Two major issues of concern arising from the findings of this study are the drive towards less radical surgery to avoid the well-recognised morbidity associated with groin dissection and the additional laboratory workload required in ultrastaging of lymph nodes. There is considerable interest in examining the status of sentinel nodes in vulval cancer in an attempt to reduce the need for groin dissection. There has been a case reported of recurrence after sentinel node dissection where subsequent analysis confirmed that the negative sentinel node did contain micrometastases (Tamussino et al, 2002). Marchiole et al (2004) found that three out of five patients with nodal micrometastases in cervical cancer had tumour cells in nonsentinel nodes despite having negative findings. The high false negative rate with sentinel node biopsy in cervical cancer raises concerns about the accurate identification of sentinel nodes in this condition, which is in stark contrast to vulval cancer where the identification of sentinel nodes has been extensively studied with a higher predictive value. If less radical surgery for early stage vulval cancer is to be undertaken then there is justification for using serial sectioning and IHC staining in the sentinel node of the groin bed in order to obviate the likelihood of recurrent disease, as women with micrometastases may not receive optimal treatment.
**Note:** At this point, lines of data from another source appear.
-- ===== src/Refetch/Good.antt =====
-- What `refetch_missing` of main/refetch.py does to ladders that are good.
use rankedftw.Fetch.Rows.{is_cache}
use rankedftw.Prelude.Objects.{get}
use rankedftw.Store.Rows.{save_row}
use rankedftw.Prelude.Clock.{hour, Time}
use rankedftw.Prelude.Int.{ℤ}
use rankedftw.Prelude.Result.{
  does_not_exist, or_raise-eq-ok, overflow_error, raise_if, err, ok, Result,
}
use rankedftw.Prelude.{
  ◌+◌, ◌*◌, ltb, ap, sym, none, [], ==_iff, ◌∙◌, inr, arith, inl, ◌==◌, Bool-cases, ◌∷◌, some,
  Option, ◌≡◌, List, ℕ,
}
use rankedftw.Fetch.Answers.{with_columns, LadderAnswer}
use rankedftw.Store.{ladder_type, Db, good, Ladder}
use rankedftw.Refetch.Missing.{
  MissingRun, ladder_key, refetched_ladder, refetch_one, refetch_all, refetch_missing,
  ladder_behind,
}
use rankedftw.Store.Action.{continue_keeps, rollback_keeps}
use rankedftw.Store.Keys.{find, find-saved, find-save_row_ne}

-- The row of an id is there, and good.
abbrev pub GoodAt : ℕ → List Ladder → Type 0
GoodAt i ladders = (l : Ladder) × (find ladder_key i ladders ≡ some l) × (l.strangeness ≡ good)

find-key :
    (i : ℕ) (ladders : List Ladder) {l : Ladder} → find ladder_key i ladders ≡ some l → l.id ≡ i
find-key i [] {l = l} h = cc
find-key i (x ∷ ladders) {l = l} h = elim (Bool-cases (x.id == i)) [
  | inl e ↦ let same : some x ≡ some l = rw e at h in ground (arith, same, e)
  | inr e ↦ find-key i ladders (rw e at h)
]

columns-good :
    (l m : Ladder) (p : Result (Option ℤ)) (f j : Result (Option Time)) (c : Result ℕ)
    → with_columns l p f j c ≡ ok m
    → (m.id ≡ l.id) × (m.strangeness ≡ good)
columns-good l m (err x) f j c e = cc
columns-good l m (ok p) (err x) j c e = cc
columns-good l m (ok p) (ok f) (err x) c e = cc
columns-good l m (ok p) (ok f) (ok j) (err x) e = cc
columns-good l m (ok p) (ok f) (ok j) (ok c) e = ground arith

refetched-good :
    (res : LadderAnswer) (l m : Ladder)
    → refetched_ladder res l ≡ ok m
    → (m.id ≡ l.id) × (l.strangeness ≡ good → m.strangeness ≡ good)
unfolding refetched_ladder
refetched-good res l m e = elim (Bool-cases (res.status == 200)) [
  | inl here ↦
      let seen = record l { updated = res.fetch_time } in
      let (i, g) =
        columns-good seen m res.max_points res.first_join res.last_join res.member_count
          (rw here at e) in
      (i, λ h. g)
  | inr other ↦
      let same : ok (record l { updated = res.fetch_time }) ≡ ok m = rw other at e in
      ground (arith, same)
]

-- A save of what a row becomes.
save-GoodAt :
    (i id : ℕ) (ladders : List Ladder) (l m : Ladder)
    → find ladder_key id ladders ≡ some l
    → m.id ≡ l.id
    → (l.strangeness ≡ good → m.strangeness ≡ good)
    → GoodAt i ladders
    → GoodAt i (save_row ladder_key m ladders)
save-GoodAt i id ladders l m found same g (x, at_i, x_good) = elim (Bool-cases (m.id == i)) [
  | inl e ↦
      let hits : m.id ≡ i = (==_iff m.id i).0 e in
      let id_at : id ≡ i = sym (find-key id ladders found) ∙ sym same ∙ hits in
      let one : some x ≡ some l =
        sym at_i ∙ ap (λ k. find ladder_key k ladders) (sym id_at) ∙ found in
      let alike : x ≡ l = cc in
      (
        m,
        find-saved ladder_key i m ladders hits,
        g (ap (λ (k : Ladder). k.strangeness) (sym alike) ∙ x_good),
      )
  | inr e ↦ (x, find-save_row_ne ladder_key i m ladders (ground (arith, e)) ∙ at_i, x_good)
]

module _ (region : ℤ) (i : ℕ) where
  abbrev Kept : Db → Type 0
  Kept db = GoodAt i db.ladders

  ladder_behind-find :
      (ladders : List Ladder) (id : Option ℕ) {l : Ladder}
      → ladder_behind ladders id ≡ ok l
      → (k : ℕ) × (find ladder_key k ladders ≡ some l)
  ladder_behind-find ladders none h = cc
  ladder_behind-find ladders (some k) h =
      (k, or_raise-eq-ok (find ladder_key k ladders) does_not_exist h)

  refetch_one-Kept :
      (bid : ℕ) (res : LadderAnswer) (db : Db) → Kept db → Kept (refetch_one region bid res db).1
  unfolding refetch_one
  refetch_one-Kept bid res db q = rollback_keeps Kept db _ q (
      continue_keeps Kept _ (get (is_cache region ladder_type bid) db.caches, db) q
        (λ cache e.
          continue_keeps Kept _ (ladder_behind db.ladders cache.ladder_id, db) q
            (λ ladder found.
              continue_keeps Kept _ (refetched_ladder res ladder, db) q
                (λ seen is_seen.
                  let (k, at_k) = ladder_behind-find db.ladders cache.ladder_id found in
                  let (same, g) = refetched-good res ladder seen is_seen in
                  save-GoodAt i k db.ladders ladder seen at_k same g q))))

  refetch_all-Kept :
      (run : MissingRun) (count : ℕ) (bids : List ℕ) (db : Db)
      → Kept db
      → Kept (refetch_all run region count bids db).1
  unfolding refetch_all
  refetch_all-Kept run count [] db q = q
  refetch_all-Kept run count (bid ∷ bids) db q =
      let res = run.fetch_ladder count bid in
      let here = refetch_one-Kept bid res db q in
      let later = refetch_all-Kept run (count + 1) bids (refetch_one region bid res db).1 here in
      continue_keeps Kept _ (run.check_stop count, db) q
        (λ done e. elim (Bool-cases (res.status == 503)) [
          | inl down ↦ rw down q
          | inr up ↦
              rw up (continue_keeps Kept _ (refetch_one region bid res db) here (λ done e. later))
        ])

-- A ladder that is good before `refetch_missing` is there and good after it, whether or not it
-- raises.
refetch_missing-GoodAt :
    (run : MissingRun) (region : ℤ) (max_retries min_age : ℕ) (now : Time) (db : Db) (i : ℕ)
    → GoodAt i db.ladders
    → GoodAt i (refetch_missing run region max_retries min_age now db).1.ladders
unfolding refetch_missing
refetch_missing-GoodAt run region max_retries min_age now db i q =
    continue_keeps (Kept region i) _ (raise_if (ltb now (min_age * hour)) overflow_error, db) q
      (λ done e. refetch_all-Kept region i run 1 _ db q)
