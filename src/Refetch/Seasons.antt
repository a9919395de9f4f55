-- ===== src/Refetch/Seasons.antt =====
-- `refetch_past_seasons` of main/refetch.py: the choice of the seasons.
use rankedftw.Prelude.Objects.{filter, get}
use rankedftw.Prelude.Sort.{sort_by}
use rankedftw.Prelude.Result.{ok, attribute_error, or_raise, Result}
use rankedftw.Prelude.Int.{◌==ℤ◌, ℤ}
use rankedftw.Enums.{ranking_ids}
use rankedftw.Store.{Season}
use rankedftw.Prelude.{
  not, ◌*◌, true, ◌==◌, ◌+◌, ◌&&◌, none, leb, if◌then◌else◌, [], ◌∷◌, some, ltb, false, ℕ, List,
  Bool, Option,
}
use rankedftw.Prelude.Clock.{date, day, Time, Day}
use rankedftw.Refetch.Past.{
  PastRun, refetch_past_season, subtract, min_days_after_end, until_days_after_end, last_available,
}
use rankedftw.Fetch.{fetch_new_in_region}
use rankedftw.Fetch.Answers.{Run}
use rankedftw.Store.Action.{Action, ◌>>=◌, ◌>>◌, lift, query, pure}
use rankedftw.Season.{get_current_season, get_prev, end_time}
use rankedftw.Enums.Region as Region

-- The runs of the calls: for new ladders by the region, for a season by the season.
pub record PastRuns : Type 0 where
  pub fetch_new : ℤ → Run
  pub refetch : Season → PastRun
  pub check_stop : Season → Result (Unit {0})

unfoldable pub fetch_new_in_regions : PastRuns → Season → List ℤ → Action (Unit {0})
unfolding fetch_new_in_region
fetch_new_in_regions runs season [] = pure tt
fetch_new_in_regions runs season (region ∷ regions) =
    let rest = fetch_new_in_regions runs season regions in
    if region ==ℤ Region.sea
    then rest
    else (do fetch_new_in_region (runs.fetch_new region) season region; rest)

abbrev pub before : Option Day → Day → Bool
before none limit = false
before (some d) limit = ltb d limit

-- `filter(id__gte=LAST_AVAILABLE_SEASON, end_date__lt=season_end_limit).order_by('-id')`.
unfoldable pub past_seasons : Day → List Season → List Season
past_seasons limit seasons =
    sort_by (λ (s t : Season). leb t.id s.id)
      (filter (λ (s : Season). leb last_available s.id && before s.end_date limit) seasons)

unfoldable pub refetch_each : PastRuns → Time → List Season → Action (Unit {0})
unfolding refetch_past_season
refetch_each runs now [] = pure tt
refetch_each runs now (s ∷ seasons) =
    let rest = refetch_each runs now seasons in
    do refetch_past_season (runs.refetch s) s now false; lift (runs.check_stop s); rest

-- `prev_season.end_time() < now <= need_refetch_limit`.
abbrev pub in_window : Time → Time → Bool
in_window finish now = ltb finish now && leb now (finish + until_days_after_end * day)

-- `if season_id`, which takes 0 as none.
abbrev pub given : Option ℕ → Option ℕ
given (some ℕ.zero) = none
given id = id

abbrev pub refetch_chosen : PastRuns → Time → Bool → Option ℕ → Action (Unit {0})
refetch_chosen runs now skip_fetch_new (some id) = do
  season ← query (λ db. get (λ (s : Season). s.id == id) db.seasons)
  fetch_new_in_regions runs season (ranking_ids Region.mapping)
  refetch_past_season (runs.refetch season) season now true
refetch_chosen runs now skip_fetch_new none = do
  limit ← lift (subtract now (min_days_after_end * day))
  current ← query (λ db. get_current_season db.seasons)
  found ← query (λ db. get_prev db.seasons current)
  prev ← lift (or_raise found attribute_error)
  finish ← lift (end_time prev)
  if not skip_fetch_new && in_window finish now
      then fetch_new_in_regions runs prev (ranking_ids Region.mapping)
      else pure tt
  seasons ← query (λ db. ok (past_seasons (date limit) db.seasons))
  refetch_each runs now seasons

unfoldable pub refetch_past_seasons : PastRuns → Time → Bool → Option ℕ → Action (Unit {0})
unfolding refetch_each fetch_new_in_regions past_seasons get_current_season get_prev end_time
    ranking_ids
refetch_past_seasons runs now skip_fetch_new season_id =
    refetch_chosen runs now skip_fetch_new (given season_id)
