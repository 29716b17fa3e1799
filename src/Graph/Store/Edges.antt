-- ===== src/Graph/Store/Edges.antt =====
-- One list of outgoing edges: what an insertion does to the weights, and that it keeps one edge for
-- each end and relation.
use ligp_v.Prelude.{
  ◌+◌, ◌≡◌, refl, Bool, ◌&&◌, Option, none, some, List, [], ◌∷◌, ◌++◌, arith, if◌then◌else◌, String,
  length, ◌==◌, string_eq, is_some, eq_iff, All, inl, inr, Bool-cases,
}
use ligp_v.Graph.Weights.{Weighing, max_of}
use ligp_v.Graph.Store.{Edge, same_edge, strengthen}

abbrev pub is_edge : {W : Type 0} → String → String → Edge W → Bool
is_edge to rel e = e.to_node == to && e.relation_type == rel

-- The weight of the first edge with this end and relation.
unfoldable pub weight_of : {W : Type 0} → String → String → List (Edge W) → Option W
weight_of to rel [] = none
weight_of to rel (e ∷ es) = if is_edge to rel e then some e.weight else weight_of to rel es

-- No two edges have the same end and relation.
abbrev pub Distinct : {W : Type 0} → List (Edge W) → Type 0
Distinct [] = Unit
Distinct (e ∷ es) = (weight_of e.to_node e.relation_type es ≡ none) × Distinct es

module _ {W : Type 0} ⦃o : Weighing W⦄ where
  abbrev pub merge : Option W → W → Option W
  merge none w = some w
  merge (some a) w = some (max_of a w)

  -- What `add_edge` makes of a list of outgoing edges.
  unfoldable pub insert_edge : Edge W → List (Edge W) → List (Edge W)
  insert_edge edge es = elim (strengthen edge es) [ none ↦ es ++ edge ∷ [] | some es' ↦ es' ]

  insert_edge-cons :
      (edge e : Edge W) (es : List (Edge W))
      → insert_edge edge (e ∷ es) ≡ (
          if same_edge e edge
          then record e { weight = max_of e.weight edge.weight } ∷ es
          else e ∷ insert_edge edge es)
  unfolding insert_edge strengthen
  insert_edge-cons edge e es = ground arith

  pub weight_of-insert_edge :
      (to rel : String) (edge : Edge W) (es : List (Edge W))
      → weight_of to rel (insert_edge edge es) ≡ (
          if is_edge to rel edge
          then merge (weight_of to rel es) edge.weight
          else weight_of to rel es)
  unfolding weight_of
  weight_of-insert_edge to rel edge [] = unfold insert_edge strengthen in ground arith
  weight_of-insert_edge to rel edge (e ∷ es) = rw (insert_edge-cons edge e es) (
      ground (
        arith,
        weight_of-insert_edge to rel edge es,
        eq_iff e.to_node edge.to_node,
        eq_iff e.relation_type edge.relation_type,
        eq_iff e.to_node to,
        eq_iff e.relation_type rel,
        eq_iff edge.to_node to,
        eq_iff edge.relation_type rel,
      ))

  is_edge_flip : (a b : Edge W) → is_edge a.to_node a.relation_type b ≡ same_edge a b
  is_edge_flip a b = ground (
    arith,
    eq_iff a.to_node b.to_node,
    eq_iff a.relation_type b.relation_type,
    eq_iff b.to_node a.to_node,
    eq_iff b.relation_type a.relation_type,
  )

  pub Distinct-insert_edge :
      (edge : Edge W) (es : List (Edge W)) → Distinct es → Distinct (insert_edge edge es)
  Distinct-insert_edge edge [] h = unfold insert_edge strengthen weight_of in (refl, tt)
  Distinct-insert_edge edge (e ∷ es) h =
      rw (insert_edge-cons edge e es) (elim (Bool-cases (same_edge e edge)) [
        | inl p ↦ rw p h
        | inr p ↦ rw p (
          rw (weight_of-insert_edge e.to_node e.relation_type edge es, is_edge_flip e edge, p) h.0,
          Distinct-insert_edge edge es h.1,
        )
      ])

  -- An insertion adds an edge exactly when there was none with its end and relation.
  pub length-insert_edge :
      (edge : Edge W) (es : List (Edge W))
      → length (insert_edge edge es)
        ≡ length es + (if is_some (weight_of edge.to_node edge.relation_type es) then 0 else 1)
  unfolding weight_of
  length-insert_edge edge [] = unfold insert_edge strengthen in omega arith
  length-insert_edge edge (e ∷ es) =
      rw (insert_edge-cons edge e es) (ground (arith, length-insert_edge edge es))

  -- A property of edges that does not look at their weights, and that the new edge has too.
  pub All-insert_edge :
      (P : String → String → String → Type 0) (edge : Edge W) (es : List (Edge W))
      → P edge.from_node edge.to_node edge.relation_type
      → All (λ e. P e.from_node e.to_node e.relation_type) es
      → All (λ e. P e.from_node e.to_node e.relation_type) (insert_edge edge es)
  All-insert_edge P edge [] p h = unfold insert_edge strengthen in (p, tt)
  All-insert_edge P edge (e ∷ es) p h =
      rw (insert_edge-cons edge e es) (elim (Bool-cases (same_edge e edge)) [
        | inl q ↦ rw q h
        | inr q ↦ rw q (h.0, All-insert_edge P edge es p h.1)
      ])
Our 42% detection rate of micrometastases in previously node-negative patients is high compared to those in previous studies, which were generally in the range of 10–25% (Malfetano et al, 1985). This could be due to by the serial sectioning methodology with variable intervals between the levels examined as well as the sensitivity of the IHC antibody used. Routine histological examination in this historical cohort is likely to have been one 5-μm-thick section and indeed one macrometastasis was missed. In our view, systematic serial sectioning and IHC is necessary to identify micrometastases. Interpretation of IHC in lymph nodes requires a degree of histopathological experience to discern true staining of the rounded metastatic carcinoma cells from anomalous staining due to the reaction products of the IHC and weak staining of interdigitating dendritic cells found in normal nodes. Serial sectioning and staining with IHC requires time and expertise and has cost implications. Further studies are necessary of larger cohorts to confirm our findings. Moreover, studies are needed to determine whether adjuvant therapy offers any advantage to women diagnosed with vulval SCC, who are node negative and have micrometatasses.